# Ballyhood ilander



## Scruggspc (Mar 20, 2013)

I purchased a hood for a ballyhoo that is chrome with eyes to try out. However I can not get it to run right. I pin rigged it just like I do on every thing else but it just spins. I made sure the hook was lined up freely in the body so that it was pulling from the nose. So my question is do any of you have any experience with this lure and how do you rig it?


----------



## Chris V (Oct 18, 2007)

I have used them twice.......about eight years ago. You are experiencing why those were the last times.
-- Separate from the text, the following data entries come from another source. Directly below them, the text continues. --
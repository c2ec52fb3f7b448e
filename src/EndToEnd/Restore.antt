-- ===== src/EndToEnd/Restore.antt =====
-- A whole run of the agent, and a whole run of the decrypt tool on what it has uploaded.
use backupy_agent.Prelude.{
  ℕ, ◌<◌, ◌≡◌, refl, sym, ◌∙◌, ap, ap₂, subst, true, false, Option, none, some, List, [], ◌∷◌,
  length, ok, arith, ok-injective,
}
use backupy_agent.Prelude.Bytes.{Bytes, codes, ===_refl}
use backupy_agent.Prelude.Int.{pos}
use backupy_agent.Prelude.Strings.{equal_fold}
use backupy_agent.Cipher.{Aead, IsGcm, IsRandom}
use backupy_agent.Pipeline.Request.{
  Target, JobSpec, UploadCreds, RunBackup, BackupCompleted, Driver, World,
}
use backupy_agent.Pipeline.Runner.{run, prepare}
use backupy_agent.Decrypt.Token.{DecryptionClaims, parse_decryption}
use backupy_agent.Decrypt.Stream.{decrypt_stream}
use backupy_agent.Decrypt.Run.{
  issuer_expected, audience_expected, Options, Host, returned, run_tool, run_opened, run_piped,
  finish_stream, close_and_check, check_sha, open_files,
}
use backupy_agent.Decrypt.Run.Keys.{HasKey, key_of_token-HasKey}
use backupy_agent.EndToEnd.{whole, sink}
use backupy_agent.EndToEnd.Backup.{run-Sealed}

-- A machine with the same ciphers and hash as the agent's, the upload as the input file, an output file
-- that takes all, no cancellation, and a decoder that inverts the agent's encoder.
pub record Serves (w : World) (body : Bytes) (h : Host) : Type 0 where
  pub same_gcm : (dek : Bytes) → h.gcm dek ≡ w.gcm dek
  pub same_hash : (b : Bytes) → h.hex_sha256 b ≡ w.hex_sha256 b
  pub has_input : h.input ≡ ok (whole body)
  pub has_output : h.output ≡ ok none
  pub never_cancelled : h.ctx ≡ (λ (n : ℕ). none)
  pub has_decoder : h.new_reader ≡ none
  pub closes : h.close_file ≡ none
  pub unzips :
      (b : Bytes) → h.copy (w.zstd b) none ≡ record { produced = b; error = none; stopped = false }

equal_fold_refl : (s : Bytes) → equal_fold s s ≡ true
unfolding equal_fold
equal_fold_refl s = ===_refl _

-- A token for the run that is reported: its key in base64, and the hash of its upload.
pub record Issued (h : Host) (token : Bytes) (dek : Bytes) (done : BackupCompleted) : Type 0 where
  pub claims : DecryptionClaims
  pub parsed : parse_decryption h.decoders h.now issuer_expected audience_expected token ≡ ok claims
  pub algorithm : claims.algorithm ≡ codes "AES-256-GCM"
  pub version : claims.format_version ≡ pos 1
  pub key : h.std_base64 claims.dek_base64 ≡ ok dek
  pub hash : claims.sha256 ≡ done.sha256

module _ (h : Host) (opts : Options) (c : DecryptionClaims) (aead : Aead) where
  close_and_check-hash :
      (hashed : Bytes)
      → h.close_file ≡ none
      → c.sha256 ≡ h.hex_sha256 hashed
      → close_and_check h opts c hashed ≡ ok tt
  unfolding close_and_check check_sha
  close_and_check-hash hashed closes claimed =
      let same : equal_fold (h.hex_sha256 hashed) c.sha256 ≡ true =
        subst (λ (t : Bytes). equal_fold (h.hex_sha256 hashed) t ≡ true) (sym claimed)
          (equal_fold_refl (h.hex_sha256 hashed)) in
      ground arith

  run_piped-copy :
      (body b z : Bytes)
      → let (r, s) = decrypt_stream aead h.ctx (whole body) sink in
        r ≡ ok tt
        → s.out.written ≡ z
        → h.copy z none ≡ record { produced = b; error = none; stopped = false }
        → s.hashed ≡ body
        → close_and_check h opts c body ≡ ok tt
        → run_piped h opts c aead (whole body) none
          ≡ record { outcome = returned (ok tt); file = some b }
  unfolding run_piped finish_stream
  run_piped-copy body b z accepted wrote copied hashed finished =
      rw (run_piped, accepted, wrote, copied, hashed, finished) refl

module _ (w : World) (h : Host) (opts : Options) where
  restored_with :
      (body b dek : Bytes) (c : DecryptionClaims)
      → Serves w body h
      → HasKey h opts.token c dek
      → opts.skip_decompress ≡ false
      → c.sha256 ≡ w.hex_sha256 body
      → (decrypt_stream (w.gcm dek) (λ _. none) (whole body) sink).0 ≡ ok tt
      → (decrypt_stream (w.gcm dek) (λ _. none) (whole body) sink).1.out.written ≡ w.zstd b
      → (decrypt_stream (w.gcm dek) (λ _. none) (whole body) sink).1.hashed ≡ body
      → run_tool h opts ≡ record { outcome = returned (ok tt); file = some b }
  unfolding run_tool run_opened open_files
  restored_with body b dek c s key unzip hash accepted wrote hashed =
      let aead = h.gcm dek in
      let same : decrypt_stream (h.gcm dek) h.ctx (whole body) sink
          ≡ decrypt_stream (w.gcm dek) (λ _. none) (whole body) sink =
        ap₂ (λ a x. decrypt_stream a x (whole body) sink) (s.same_gcm dek) s.never_cancelled in
      let finished : close_and_check h opts c body ≡ ok tt =
        close_and_check-hash h opts c (h.gcm dek) body s.closes (hash ∙ sym (s.same_hash body)) in
      let piped =
        run_piped-copy h opts c (h.gcm dek) body b (w.zstd b) (ap (λ r. r.0) same ∙ accepted)
          (ap (λ r. r.1.out.written) same ∙ wrote) (s.unzips b) (ap (λ r. r.1.hashed) same ∙ hashed)
          finished in
      let keyed = key_of_token-HasKey h opts.token key in
      let input = s.has_input in
      let output = s.has_output in let decoder = s.has_decoder in ground arith

  -- From a dump to the restored dump: a run with a key, which the agent reports as a success, has
  -- made one PUT; on a machine that has its body as the input file, the tool, with a token that
  -- carries the unwrapped key and the reported hash, succeeds, the hash checked or not, and the output
  -- file holds just what the driver that the run was prepared with has dumped of its target.
  pub run_tool-run :
      (fresh : IsRandom w.rand) (gcms : (dek : Bytes) → IsGcm (w.gcm dek)) (schedule : List ℕ)
      (req : RunBackup) (done : BackupCompleted) (dek url body : Bytes)
      → 0 < length req.encrypted_dek
      → (run w schedule (some req)).0 ≡ ok done
      → w.unwrap req.encrypted_dek ≡ ok dek
      → (run w schedule (some req)).1.puts ≡ (url, body) ∷ []
      → Serves w body h
      → Issued h opts.token dek done
      → opts.skip_decompress ≡ false
      → (creds : UploadCreds) × (job : Option JobSpec) × (t : Target) × (d : Driver)
        × (aead : Option Aead) × (prepare w req ≡ ok (creds, job, t, d, aead))
        × (run_tool h opts ≡ record { outcome = returned (ok tt); file = some (d.dump t).bytes })
  run_tool-run fresh gcms schedule req done dek url body keyed success unwrapped one serves issued
        unzip =
      let s = run-Sealed w fresh gcms schedule req done keyed success in
      let (creds, job, aead, prepared) = s.prepared in
      let same_dek : s.dek ≡ dek = ok-injective refl refl (sym s.unwrapped ∙ unwrapped) in
      let same_body : s.body ≡ body = cc (s.one, one) in
      let has_key : HasKey h opts.token issued.claims dek = record {
        parsed = issued.parsed;
        algorithm =
            subst (λ (a : Bytes). equal_fold a (codes "AES-256-GCM") ≡ true) (sym issued.algorithm)
              (equal_fold_refl (codes "AES-256-GCM"));
        version = issued.version;
        key = issued.key;
        full = ap (λ (b : Bytes). length b) (sym same_dek) ∙ s.full;
      } in
      let tool_on =
        λ (k : Bytes) (b : Bytes). decrypt_stream (w.gcm k) (λ _. none) (whole b) sink in
      let same : tool_on s.dek s.body ≡ tool_on dek body = ap₂ tool_on same_dek same_body in
      let claimed : issued.claims.sha256 ≡ w.hex_sha256 body =
        issued.hash ∙ s.reported ∙ ap w.hex_sha256 same_body in
      (
        creds,
        job,
        s.from,
        s.by,
        aead,
        prepared,
        restored_with body (s.by.dump s.from).bytes dek issued.claims serves has_key unzip claimed
            (sym (ap (λ r. r.0) same) ∙ s.accepted) (sym (ap (λ r. r.1.out.written) same) ∙ s.wrote)
            (sym (ap (λ r. r.1.hashed) same) ∙ s.hashed ∙ same_body),
      )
You can get them to swim straight at slower speeds, but they just seem to refuse above 6 knots


----------



## MSViking (Oct 11, 2007)

I never really understood the need as circle hook rigging ballyhoo is fairly simple if I am slow trolling ballyhoo, if I trolling at normal speeds I want all lures with no ballyhoo. Its like they were trying to solve a problem that's not a problem


----------



## Scruggspc (Mar 20, 2013)

Well that makes me feel better about my rigging skills. I was trying to run it about 7.5 knots and it just wouldn't do it. So it's a good lure to pull at 1-4 knots?


----------



## Chris V (Oct 18, 2007)

Were you asking about circle hook rigging?


----------



## Scruggspc (Mar 20, 2013)

No I was still referring to the hood.


----------